Activity —
Take the data below and extract the lines from the one with "Stepped-ArePaced _ _ _ (restarts a) p = p" to the one with "-- Whatever the", inclusive, exactly as written.
+++ Entries supplied +++
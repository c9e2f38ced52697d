-- ===== src/App/Lifecycle/Backoff.antt =====
-- internal/app/lifecycle.go, `supervise`: the waits before a service is run again.
use sakura_nexus.Base.{
  ℕ, zero, suc, ◌≤◌, ◌<◌, ◌≡◌, refl, Bool, some, List, [], ◌∷◌, All, max, arith,
}
use sakura_nexus.Base.Int.{ℤ, pos, negsuc}
use sakura_nexus.App.Lifecycle.Moves.{
  Moved, stops, fails, rests, wakes, resumes, gives_up, MovedAt, here, there, Stepped, restarts,
  parent_ends, moved, run_events-keeps,
}
use sakura_nexus.App.Lifecycle.{
  Criticality, Options, Filled, fill, Supervisor, running, waiting, failing, returned, Move,
  run_returns, fatal, woken, timer, next_backoff, or_default, App, start, core_fatal, Event,
  after_move, run_events, request_restart, parent_done, with_supervisors,
}

-- The wait is not nothing, and no longer than the greater of the first wait and the limit.
abbrev pub IsPaced : Filled → Supervisor → Type 0
IsPaced o (running b) = (0 < b) × (b ≤ max o.restart_backoff o.restart_backoff_max)
IsPaced o (waiting b) = (0 < b) × (b ≤ max o.restart_backoff o.restart_backoff_max)
IsPaced o failing = Unit
IsPaced o returned = Unit

abbrev pub ArePaced : Filled → List (Criticality × Supervisor) → Type 0
ArePaced o sups = All (λ x. IsPaced o x.1) sups

module _ (o : Filled) (pb : 0 < o.restart_backoff) (pm : 0 < o.restart_backoff_max) where
  next_backoff-bounds :
      (elapsed b : ℕ)
      → 0 < b
      → (0 < next_backoff o elapsed b)
        × (next_backoff o elapsed b ≤ max o.restart_backoff o.restart_backoff_max)
  unfolding next_backoff
  next_backoff-bounds elapsed b h = ground (arith, h, pb, pm)

  Moved-IsPaced :
      (m : Move) (cancelled : Bool) (crit : Criticality) (s s' : Supervisor)
      → Moved o s m cancelled crit s'
      → IsPaced o s
      → IsPaced o s'
  Moved-IsPaced _ _ _ _ _ (stops b crit) p = tt
  Moved-IsPaced _ _ _ _ _ (fails b) p = tt
  Moved-IsPaced _ _ _ _ _ (rests b) p = p
  Moved-IsPaced _ _ _ _ _ (wakes b crit) p = tt
  Moved-IsPaced _ _ _ _ _ (resumes b elapsed cancelled crit) p = next_backoff-bounds elapsed b p.0
  Moved-IsPaced _ _ _ _ _ (gives_up cancelled crit) p = tt

  MovedAt-ArePaced :
      (m : Move) (cancelled : Bool) (sups sups' : List (Criticality × Supervisor))
      → MovedAt o m cancelled sups sups'
      → ArePaced o sups
      → ArePaced o sups'
  MovedAt-ArePaced m cancelled _ _ (here crit s t sups h) (p, ps) =
      (Moved-IsPaced m cancelled crit s t h p, ps)
  MovedAt-ArePaced m cancelled _ _ (there x sups sups' h) (p, ps) =
      (p, MovedAt-ArePaced m cancelled sups sups' h ps)

  after_move-supervisors : (m : Move) (a : App) → (after_move m a).supervisors ≡ a.supervisors
  unfolding after_move core_fatal
  after_move-supervisors fatal a = ground (arith)
  after_move-supervisors run_returns a = refl
  after_move-supervisors woken a = refl
  after_move-supervisors (timer elapsed) a = refl

  Stepped-ArePaced :
      (e : Event) (a b : App)
      → Stepped o e a b
      → ArePaced o a.supervisors
      → ArePaced o b.supervisors
  unfolding request_restart parent_done
  Stepped-ArePaced _ _ _ (restarts a) p = p
  Stepped-ArePaced _ _ _ (parent_ends a) p = p
  Stepped-ArePaced _ _ _ (moved i m a sups h) p =
      rw (after_move-supervisors m (with_supervisors a sups))
        (MovedAt-ArePaced m a.cancelled a.supervisors sups h p)

or_default-pos : (n : ℤ) (def : ℕ) → 0 < def → 0 < or_default n def
or_default-pos (pos zero) def h = h
or_default-pos (pos (suc n)) def h = grind arith
or_default-pos (negsuc n) def h = ground (arith, h)

fill-IsPositive :
    (o : Options) → (0 < (fill o).restart_backoff) × (0 < (fill o).restart_backoff_max)
unfolding fill
fill-IsPositive o = (
  or_default-pos o.restart_backoff 100000000 (omega arith),
  or_default-pos o.restart_backoff_max 30000000000 (omega arith),
)

start-ArePaced :
    (o : Filled) (crits : List Criticality)
    → 0 < o.restart_backoff
    → ArePaced o (start o crits).supervisors
unfolding start
start-ArePaced o [] h = tt
start-ArePaced o (c ∷ crits) h = ((h, omega arith), start-ArePaced o crits h)

-- Whatever the options and however the goroutines run: a service waits before it is run again, and no
-- longer than the greater of the first wait and the limit.
pub run_events-ArePaced :
    (opts : Options) (crits : List Criticality) (es : List Event) (a : App)
    → run_events (fill opts) es (start (fill opts) crits) ≡ some a
    → ArePaced (fill opts) a.supervisors
run_events-ArePaced opts crits es a h =
    let o = fill opts in
    let (pb, pm) = fill-IsPositive opts in
    run_events-keeps o (λ x. ArePaced o x.supervisors) (Stepped-ArePaced o pb pm) es (start o crits)
      a h (start-ArePaced o crits pb)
+++
Answer for this exercise —
  Stepped-ArePaced _ _ _ (restarts a) p = p
  Stepped-ArePaced _ _ _ (parent_ends a) p = p
  Stepped-ArePaced _ _ _ (moved i m a sups h) p =
      rw (after_move-supervisors m (with_supervisors a sups))
        (MovedAt-ArePaced m a.cancelled a.supervisors sups h p)

or_default-pos : (n : ℤ) (def : ℕ) → 0 < def → 0 < or_default n def
or_default-pos (pos zero) def h = h
or_default-pos (pos (suc n)) def h = grind arith
or_default-pos (negsuc n) def h = ground (arith, h)

fill-IsPositive :
    (o : Options) → (0 < (fill o).restart_backoff) × (0 < (fill o).restart_backoff_max)
unfolding fill
fill-IsPositive o = (
  or_default-pos o.restart_backoff 100000000 (omega arith),
  or_default-pos o.restart_backoff_max 30000000000 (omega arith),
)

start-ArePaced :
    (o : Filled) (crits : List Criticality)
    → 0 < o.restart_backoff
    → ArePaced o (start o crits).supervisors
unfolding start
start-ArePaced o [] h = tt
start-ArePaced o (c ∷ crits) h = ((h, omega arith), start-ArePaced o crits h)

-- Whatever the options and however the goroutines run: a service waits before it is run again, and no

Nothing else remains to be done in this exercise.